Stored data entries

=======

-- ===== src/Sqs/Prepare/Ids.antt =====
-- The ids that the provider makes up match the patterns of SQS.
use text.Mathlib.TextLemmas.{append-nil}
use outboxer.Prelude.{
  ℕ, String, Bool, true, ◌||◌, ◌≡◌, Bool-cases, length, length-append, inl, inr, between, codes,
  codes-append, every, every-append, every_mono, format, arith,
}
use outboxer.Sqs.Poison.{
  is_entry_id, is_fifo_id, is_fifo_char, synthetic_fifo_group_id, provider_safe_id,
}

abbrev pub is_hexadecimal : ℕ → Bool
is_hexadecimal c = between b'0' b'9' c || between b'a' b'f' c

-- What SHA-256 and Go's hex.EncodeToString document of every digest.
abbrev pub IsDigest : (String → String) → Type 0
IsDigest digest =
    (s : String)
    → (length (codes (digest s)) ≡ 64) × (every is_hexadecimal (codes (digest s)) ≡ true)

module _ (digest : String → String) (hex : IsDigest digest) where
  entry_id-digest : (s : String) → is_entry_id (digest s) ≡ true
  entry_id-digest s =
      rw (hex s).0 (every_mono is_hexadecimal _ (codes (digest s)) (λ c h. ground arith) (hex s).1)

  fifo_id-digest : (s : String) → is_fifo_id (digest s) ≡ true
  fifo_id-digest s =
      rw (hex s).0 (every_mono is_hexadecimal _ (codes (digest s)) (λ c h. ground arith) (hex s).1)

  pub is_entry_id-safe : (s : String) → is_entry_id (provider_safe_id digest s is_entry_id) ≡ true
  unfolding provider_safe_id
  is_entry_id-safe s = elim (Bool-cases (is_entry_id s)) [
    | inl fits ↦ rw fits fits
    | inr not' ↦ rw not' (entry_id-digest s)
  ]

  pub is_fifo_id-safe : (s : String) → is_fifo_id (provider_safe_id digest s is_fifo_id) ≡ true
  unfolding provider_safe_id
  is_fifo_id-safe s = elim (Bool-cases (is_fifo_id s)) [
    | inl fits ↦ rw fits fits
    | inr not' ↦ rw not' (fifo_id-digest s)
  ]

  pub is_fifo_id-synthetic : (s : String) → is_fifo_id (synthetic_fifo_group_id digest s) ≡ true
  unfolding synthetic_fifo_group_id format
  is_fifo_id-synthetic s =
      rw
        (
          append-nil (digest s),
          codes-append "outboxer-" (digest s),
          length-append (codes "outboxer-") (codes (digest s)),
          (hex s).0,
          every-append is_fifo_char (codes "outboxer-") (codes (digest s)),
        )
        (every_mono is_hexadecimal _ (codes (digest s)) (λ c h. ground arith) (hex s).1)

=======

#### Exercise aim
If the string "format" is in a line of the entries, pick that line out.

#### Exercise output
  codes-append, every, every-append, every_mono, format, arith,
  unfolding synthetic_fifo_group_id format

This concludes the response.